Question: What will be the pH at the equivalence point during the titration of a 1000 ml of 0.2 M solution of ...

Question

What will be the pH at the equivalence point during the titration of a 1000 ml of 0.2 M solution of $C{{H}_{3}}COONa$ with 0.2 M solution of HCl?
[Given : ${{K}_{a}}=2\times {{10}^{-5}}$ ]
(A)- $3-\log \sqrt{2}$
(B)- $3+\log \sqrt{2}$
(C)- $3-\log 2$
(D)- $3+\log 2$

Answer 1

Solution

The equivalence point in a titration is a point at which the amount of titrant added is enough to completely neutralize the analyte solution. At this point, the number of moles of titrant (standard solution) is equal to the moles of the solution of unknown concentration.

Complete answer:
-The point at which moles of acid and moles of the base are equivalent is known as the equivalence point of a chemical reaction.
-We will begin the solution to this question by first writing the titration reaction of $C{{H}_{3}}COONa$ and HCl-
$C{{H}_{3}}COONa+HCl\to C{{H}_{3}}COOH+NaCl$
-It is clear from the equation that, one mole of sodium acetate is required to neutralize it using HCl.
Concentration is mathematically the number of moles in a particular volume, that is
$Concentration=\dfrac{\text{Number of moles}}{Volume}$
Number of millimoles of sodium acetate $=Concentration\times Volume=0.2\times 100=20\text{ m moles}$
Number of millimoles of hydrochloric acid $=Concentration\times Volume=0.2\times 100=20\text{ m moles}$
-Then according to Law of Conservation of Mass,
Before reaction, there were 20 millimoles of sodium acetate and 20 millimoles of hydrochloric acid which after reaction produced 20 millimoles of acetic acid and 20 millimoles of sodium chloride.
-The dissociation of acetic acid produces acetate ion and a hydrogen ion.
$C{{H}_{3}}COOH\rightleftharpoons C{{H}_{3}}CO{{O}^{-}}+{{H}^{+}}$
-Finding the concentration of acetic acid,
$[C{{H}_{3}}COOH]=\dfrac{20}{100+100}=0.1M$ (Total volume = Volume of sodium acetate + Volume of HCl)
-pH of the solution is dependent on the products formed in the reaction.
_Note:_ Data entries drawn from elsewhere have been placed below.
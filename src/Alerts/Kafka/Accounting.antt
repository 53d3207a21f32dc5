-- ===== src/Alerts/Kafka/Accounting.antt =====
-- Where every alert that the producer took is (pipelines/scoring/sinks/alert_kafka.py).
use fraudstream.Prelude.{
  ℕ, zero, suc, ◌+◌, ◌≡◌, refl, String, Bool, List, [], ◌∷◌, ◌++◌, none, some, arith, Option-cases,
  inl, inr, if◌then◌else◌,
}
use fraudstream.Decision.{FraudAlert}
use fraudstream.Alerts.Kafka.{
  Message, alert_message, dlq_message, Report, Kafka, pick, on_delivery, poll, Emission, emit,
  close,
}

-- What a caller does with the sink.
pub data Call : Type 0 where
  emits : Emission → FraudAlert → Call
  polls : List Report → Call
  closes : List Report → Call

abbrev pub alert_of : Message → FraudAlert
alert_of (alert_message a) = a
alert_of (dlq_message a _) = a

-- Some of the alerts, those of one transaction for instance.
module _ (chosen : FraudAlert → Bool) where
  abbrev pub one : FraudAlert → ℕ
  one a = if chosen a then 1 else 0

  abbrev pub count_alerts : List FraudAlert → ℕ
  count_alerts [] = 0
  count_alerts (a ∷ alerts) = one a + count_alerts alerts

  abbrev pub count_messages : List Message → ℕ
  count_messages [] = 0
  count_messages (m ∷ messages) = one (alert_of m) + count_messages messages

  -- Those in flight, delivered to the topic or its DLQ, or logged as lost.
  abbrev pub total : Kafka → ℕ
  total s = count_messages s.in_flight + count_messages s.delivered + count_alerts s.lost

  count_messages-add :
      (ms : List Message) (m : Message)
      → count_messages (ms ++ m ∷ []) ≡ count_messages ms + one (alert_of m)
  count_messages-add [] m = ground arith
  count_messages-add (n ∷ ms) m = ground (arith, count_messages-add ms m)

  count_alerts-add :
      (xs : List FraudAlert) (a : FraudAlert)
      → count_alerts (xs ++ a ∷ []) ≡ count_alerts xs + one a
  count_alerts-add [] a = ground arith
  count_alerts-add (b ∷ xs) a = ground (arith, count_alerts-add xs a)

  count_messages-pick :
      (i : ℕ) (ms : List Message)
      → count_messages ms ≡ elim (pick i ms) [
        | none ↦ count_messages ms
        | some p ↦ one (alert_of p.0) + count_messages p.1
      ]
  count_messages-pick i [] = ground arith
  count_messages-pick zero (m ∷ ms) = refl
  count_messages-pick (suc i) (m ∷ ms) = ground (arith, count_messages-pick i ms)

  total-on_delivery :
      (r : Report) (m : Message) (s : Kafka)
      → total (on_delivery r m s) ≡ one (alert_of m) + total s
  unfolding on_delivery
  total-on_delivery r (alert_message a) s =
      let e : String = elim r.error [ none ↦ "" | some e ↦ e ] in
      ground (
        arith,
        count_messages-add s.in_flight (dlq_message a e),
        count_messages-add s.delivered (alert_message a),
        count_alerts-add s.lost a,
      )
  total-on_delivery r (dlq_message a e) s =
      ground (arith, count_messages-add s.delivered (dlq_message a e), count_alerts-add s.lost a)

  total-poll : (reports : List Report) (s : Kafka) → total (poll reports s) ≡ total s
  unfolding poll
  total-poll [] s = refl
  total-poll (r ∷ reports) s = elim (Option-cases (pick r.place s.in_flight)) [
    | inl e ↦ ground (arith, e, total-poll reports s)
    | inr (p, e) ↦
        let s1 : Kafka = record s { in_flight = p.1 } in
        ground (
          arith,
          e,
          total-poll reports (on_delivery r p.0 s1),
          total-on_delivery r p.0 s1,
          count_messages-pick r.place s.in_flight,
        )
  ]

  abbrev pub step : Call → Kafka → ℕ × Kafka
  step (emits emission a) s =
      let (raised, s1) = emit emission a s in (elim raised [ none ↦ one a | some _ ↦ 0 ], s1)
  step (polls reports) s = (0, poll reports s)
  step (closes reports) s = (0, close reports s)

  -- How many of the chosen alerts were emitted with no exception, and the state in the end.
  unfoldable pub run : List Call → Kafka → ℕ × Kafka
  run [] s = (0, s)
  run (c ∷ calls) s = let (n, s1) = step c s in let (more, s2) = run calls s1 in (n + more, s2)

  pub total-step : (c : Call) (s : Kafka) → total (step c s).1 ≡ (step c s).0 + total s
  unfolding emit close
  total-step (emits emission a) s =
      let s1 : Kafka = record s { in_flight = s.in_flight ++ alert_message a ∷ [] } in
      ground
        (arith, total-poll emission.reports s1, count_messages-add s.in_flight (alert_message a))
  total-step (polls reports) s = ground (arith, total-poll reports s)
  total-step (closes reports) s = ground (arith, total-poll reports s)

  -- After any calls and delivery reports, each alert that was emitted with no exception is exactly
  -- once in flight, delivered to the alerts topic or its DLQ, or logged as lost.
  pub total-run :
      (calls : List Call) (s : Kafka) → total (run calls s).1 ≡ (run calls s).0 + total s
  unfolding run
  total-run [] s = ground arith
  total-run (c ∷ calls) s = ground (arith, total-step c s, total-run calls (step c s).1)
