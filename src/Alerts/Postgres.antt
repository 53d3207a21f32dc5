-- ===== src/Alerts/Postgres.antt =====
-- pipelines/scoring/sinks/alert_postgres.py: AlertPostgresSink. The server is a parameter: what
-- it answers to each call is an argument, and a lost answer may or may not have been carried out.
pub mod Idempotent
use fraudstream.Prelude.{
  String, Bool, true, false, List, [], ◌∷◌, ◌++◌, Option, none, some, if◌then◌else◌,
}
use fraudstream.Prelude.Results.{Result, ok, err}
use fraudstream.Prelude.Equality.{◌==◌, string_eq}
use fraudstream.Value.{Value}
use fraudstream.Decision.{FraudAlert}

-- OperationalError or InterfaceError, and any other psycopg2.Error
pub data DbError : Type 0 where
  connection_error other_error : DbError

-- How one INSERT ends: carried out, refused with an error, or carried out with its answer lost.
pub data Answer : Type 0 where
  executed : Answer
  refused : DbError → Answer
  unanswered : Answer

-- What the server does during one call of `persist`.
pub record Server : Type 0 where
  pub ping : Bool
  pub connects : Bool
  pub insert : Answer
  pub reconnects : Bool
  pub insert_again : Answer

-- `connected` is whether self._conn is set; `table` has the rows of fraud_alerts.
pub record Postgres : Type 0 where
  pub connected : Bool
  pub table : List FraudAlert

-- The text that the column transaction_id gets.
module _ (key : Value → String) where
  abbrev pub has_row : String → List FraudAlert → Bool
  has_row k [] = false
  has_row k (a ∷ rows) =
      let rest = has_row k rows in if key a.transaction_id == k then true else rest

  -- INSERT ... ON CONFLICT (transaction_id) DO NOTHING, on the table's primary key
  unfoldable pub insert_row : FraudAlert → List FraudAlert → List FraudAlert
  insert_row a rows = if has_row (key a.transaction_id) rows then rows else rows ++ a ∷ []

  -- _connect; `some e` is an exception
  unfoldable pub connect : Bool → Postgres → Option DbError × Postgres
  connect true s = (none, record s { connected = true })
  connect false s = (some connection_error, s)

  -- _ensure_connection
  unfoldable pub ensure_connection : Server → Postgres → Option DbError × Postgres
  unfolding connect
  ensure_connection server s =
      if s.connected
      then (if server.ping then (none, s) else connect server.connects s)
      else connect server.connects s

  -- _execute_insert
  unfoldable pub execute_insert : Answer → FraudAlert → Postgres → Option DbError × Postgres
  unfolding insert_row
  execute_insert executed a s = (none, record s { table = insert_row a s.table })
  execute_insert (refused e) a s = (some e, s)
  execute_insert unanswered a s = (some connection_error, record s { table = insert_row a s.table })

  -- The handler of a connection error in `persist`.
  unfoldable pub retry : Server → FraudAlert → Postgres → Option DbError × Postgres
  unfolding connect execute_insert
  retry server a s =
      let (raised, s1) = connect server.reconnects s in
      elim raised [ some e ↦ (some e, s1) | none ↦ execute_insert server.insert_again a s1 ]

  -- The insert of `persist`, with its handler.
  unfoldable pub try_insert : Server → FraudAlert → Postgres → Option DbError × Postgres
  unfolding execute_insert retry
  try_insert server a s =
      let (raised, s1) = execute_insert server.insert a s in
      elim raised [
        | none ↦ (none, s1)
        | some connection_error ↦ retry server a s1
        | some other_error ↦ (some other_error, s1)
      ]

  -- persist
  unfoldable pub persist : Server → FraudAlert → Postgres → Option DbError × Postgres
  unfolding ensure_connection try_insert
  persist server a s =
      let (raised, s1) = ensure_connection server s in
      elim raised [ some e ↦ (some e, s1) | none ↦ try_insert server a s1 ]
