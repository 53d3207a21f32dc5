-- ===== src/Alerts/Postgres/Idempotent.antt =====
-- Retries, by the sink itself or by a restarted job, neither lose nor repeat an alert
-- (pipelines/scoring/sinks/alert_postgres.py).
use fraudstream.Prelude.{
  ℕ, suc, ◌≤◌, ◌≡◌, ◌⊎◌, refl, ◌∙◌, String, Bool, true, false, ◌||◌, List, [], ◌∷◌, ◌++◌, Option,
  none, some, arith, if◌then◌else◌,
}
use fraudstream.Prelude.Equality.{◌==◌, string_eq}
use text.Mathlib.TextEquality.{eq_iff}
use fraudstream.Value.{Value}
use fraudstream.Decision.{FraudAlert}
use fraudstream.Alerts.Postgres.{
  Server, Postgres, has_row, insert_row, connect, ensure_connection, execute_insert, retry,
  try_insert, persist,
}

-- A call of `persist`, with what the server does during it.
pub record Call : Type 0 where
  pub server : Server
  pub alert : FraudAlert

module _ (key : Value → String) where
  -- The row of a transaction id, the first in the order of insertion.
  abbrev pub find : String → List FraudAlert → Option FraudAlert
  find k [] = none
  find k (a ∷ rows) = let rest = find k rows in if key a.transaction_id == k then some a else rest

  abbrev pub count : String → List FraudAlert → ℕ
  count k [] = 0
  count k (a ∷ rows) =
      let rest = count k rows in if key a.transaction_id == k then suc rest else rest

  abbrev pub or_else : Option FraudAlert → Option FraudAlert → Option FraudAlert
  or_else none b = b
  or_else (some a) b = some a

  has_row-find :
      (k : String) (rows : List FraudAlert)
      → has_row key k rows ≡ elim (find k rows) [ none ↦ false | some _ ↦ true ]
  has_row-find k [] = refl
  has_row-find k (a ∷ rows) = ground (arith, has_row-find k rows)

  has_row-count :
      (k : String) (rows : List FraudAlert) → has_row key k rows ≡ false → count k rows ≡ 0
  has_row-count k [] h = refl
  has_row-count k (a ∷ rows) h = ground (arith, has_row-count k rows)

  find-append :
      (k : String) (rows more : List FraudAlert)
      → find k (rows ++ more) ≡ or_else (find k rows) (find k more)
  find-append k [] more = refl
  find-append k (a ∷ rows) more = ground (arith, find-append k rows more)

  count-add :
      (k : String) (rows : List FraudAlert) (a : FraudAlert)
      → count k (rows ++ a ∷ [])
        ≡ (let n = count k rows in if key a.transaction_id == k then suc n else n)
  count-add k [] a = refl
  count-add k (b ∷ rows) a = ground (arith, count-add k rows a)

  find-insert_row :
      (k : String) (a : FraudAlert) (rows : List FraudAlert)
      → find k (insert_row key a rows) ≡ or_else (find k rows) (find k (a ∷ []))
  unfolding insert_row
  find-insert_row k a rows = ground (
    arith,
    eq_iff (key a.transaction_id) k,
    has_row-find (key a.transaction_id) rows,
    find-append k rows (a ∷ []),
  )

  count-insert_row :
      (k : String) (a : FraudAlert) (rows : List FraudAlert)
      → count k rows ≤ 1
      → count k (insert_row key a rows) ≤ 1
  unfolding insert_row
  count-insert_row k a rows h =
      ground (arith, eq_iff (key a.transaction_id) k, has_row-count k rows, count-add k rows a)

  insert_row_known :
      (a : FraudAlert) (rows : List FraudAlert)
      → has_row key (key a.transaction_id) rows ≡ true
      → insert_row key a rows ≡ rows
  unfolding insert_row
  insert_row_known a rows h = ground arith

  has_row-insert_row :
      (k : String) (a : FraudAlert) (rows : List FraudAlert)
      → has_row key k (insert_row key a rows) ≡ (has_row key k rows || key a.transaction_id == k)
  has_row-insert_row k a rows =
      ground (
        arith,
        has_row-find k rows,
        has_row-find k (insert_row key a rows),
        find-insert_row k a rows,
      )

  insert_row_again :
      (a : FraudAlert) (rows : List FraudAlert)
      → insert_row key a (insert_row key a rows) ≡ insert_row key a rows
  insert_row_again a rows = insert_row_known a (insert_row key a rows) (
      ground (
        arith,
        eq_iff (key a.transaction_id) (key a.transaction_id),
        has_row-insert_row (key a.transaction_id) a rows,
      ))

  persist_table :
      (server : Server) (a : FraudAlert) (s : Postgres)
      → ((persist key server a s).1.table ≡ s.table)
        ⊎ ((persist key server a s).1.table ≡ insert_row key a s.table)
  unfolding persist try_insert retry ensure_connection connect execute_insert
  persist_table server a s = ground (arith, insert_row_again a s.table)

  pub persist_ok :
      (server : Server) (a : FraudAlert) (s : Postgres)
      → (persist key server a s).0 ≡ none
      → (persist key server a s).1.table ≡ insert_row key a s.table
  unfolding persist try_insert retry ensure_connection connect execute_insert
  persist_ok server a s h = ground (arith, insert_row_again a s.table)

  -- Successive calls, and whether all of them returned.
  unfoldable pub run : List Call → Postgres → Bool × Postgres
  run [] s = (true, s)
  run (c ∷ calls) s =
      let (raised, s1) = persist key c.server c.alert s in
      let (returned, s2) = run calls s1 in (elim raised [ none ↦ returned | some _ ↦ false ], s2)

  abbrev pub alerts : List Call → List FraudAlert
  alerts [] = []
  alerts (c ∷ calls) = c.alert ∷ alerts calls

  -- Where no transaction id has two rows, none has two after any calls, whatever the server does
  -- and whether or not they return.
  pub count-run :
      (k : String) (calls : List Call) (s : Postgres)
      → count k s.table ≤ 1
      → count k (run calls s).1.table ≤ 1
  unfolding run
  count-run k [] s h = h
  count-run k (c ∷ calls) s h =
      let s1 = (persist key c.server c.alert s).1 in
      ground (
        arith,
        persist_table c.server c.alert s,
        count-insert_row k c.alert s.table,
        count-run k calls s1,
      )

  run_persisted :
      (c : Call) (calls : List Call) (s : Postgres)
      → (run (c ∷ calls) s).0 ≡ true
      → ((persist key c.server c.alert s).1.table ≡ insert_row key c.alert s.table)
        × ((run calls (persist key c.server c.alert s).1).0 ≡ true)
  unfolding run
  run_persisted c calls s h = (persist_ok c.server c.alert s (ground arith), ground arith)

  -- After calls that all returned, the row of a transaction id is the one that was there before,
  -- or else the first alert with it, whatever connections and answers were lost.
  pub find-run :
      (k : String) (calls : List Call) (s : Postgres)
      → (run calls s).0 ≡ true
      → find k (run calls s).1.table ≡ or_else (find k s.table) (find k (alerts calls))
  unfolding run
  find-run k [] s h = ground arith
  find-run k (c ∷ calls) s h =
      let s1 = (persist key c.server c.alert s).1 in
      ground
        (arith, run_persisted c calls s h, find-insert_row k c.alert s.table, find-run k calls s1)

  unfoldable AllKnown : List FraudAlert → List FraudAlert → Type 0
  AllKnown [] rows = Unit
  AllKnown (a ∷ more) rows = (has_row key (key a.transaction_id) rows ≡ true) × AllKnown more rows

  has_row-AllKnown :
      (more rows : List FraudAlert)
      → ((k : String) → has_row key k more ≡ true → has_row key k rows ≡ true)
      → AllKnown more rows
  unfolding AllKnown
  has_row-AllKnown [] rows h = tt
  has_row-AllKnown (a ∷ more) rows h =
      let k = key a.transaction_id in
      (h k (ground (arith, eq_iff k k)), has_row-AllKnown more rows (λ i e. h i (ground arith)))

  run_known :
      (calls : List Call) (s : Postgres)
      → AllKnown (alerts calls) s.table
      → (run calls s).1.table ≡ s.table
  unfolding run AllKnown
  run_known [] s h = refl
  run_known (c ∷ calls) s h =
      let s1 = (persist key c.server c.alert s).1 in
      let same : s1.table ≡ s.table =
        ground (arith, persist_table c.server c.alert s, insert_row_known c.alert s.table h.0) in
      run_known calls s1 (rw same h.1) ∙ same

  has_row-run :
      (k : String) (calls : List Call) (s : Postgres)
      → (run calls s).0 ≡ true
      → has_row key k (alerts calls) ≡ true
      → has_row key k (run calls s).1.table ≡ true
  has_row-run k calls s h m = ground (
    arith,
    has_row-find k (alerts calls),
    has_row-find k (run calls s).1.table,
    find-run k calls s h,
  )

  -- If calls all returned, the same alerts once more leave the table as it is, whatever the server
  -- does then.
  pub run_again :
      (calls again : List Call) (s : Postgres)
      → alerts again ≡ alerts calls
      → (run calls s).0 ≡ true
      → (run again (run calls s).1).1.table ≡ (run calls s).1.table
  run_again calls again s e h =
      run_known again (run calls s).1 (
        rw e (has_row-AllKnown (alerts calls) (run calls s).1.table (λ k. has_row-run k calls s h)))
More the concentration of acetic acid, more will the hydrogen ions dissociated in the solution, hence more acidic will be the pH.
Since acetic acid is a weak acid, so the concentration of hydrogen ions will be $=[{{H}^{+}}]=\sqrt{{{k}_{a}}.c}$
Multiplying the above equation with -log in both the sides, we will get,
$\begin{aligned} & -\log [{{H}^{+}}]=-\dfrac{1}{2}(\log {{K}_{a}}+\log C) \\\ & \Rightarrow pH=\dfrac{1}{2}(p{{k}_{a}}-\log C) \\\ & =\dfrac{1}{2}(5-\log 2+1) \\\ & =\dfrac{1}{2}(6-\log 2) \\\ & =3-\dfrac{1}{2}\log 2 \\\ & \Rightarrow pH=3-\log \sqrt{2} \\\ \end{aligned}$

Therefore the correct answer is option A.

Note:
Equivalent point and endpoint are two confusing terms, you should not get confused with these terms. The theoretical completion of the reaction is given by equivalence point. Equivalence is the volume of added titrant at which the number of moles of titrant is equal to the number of moles of the analyte. The endpoint is actually the measured physical change in the solution. There is a slight difference between the equivalence point and the endpoint in the titration is referred to as indicator error and is indeterminate.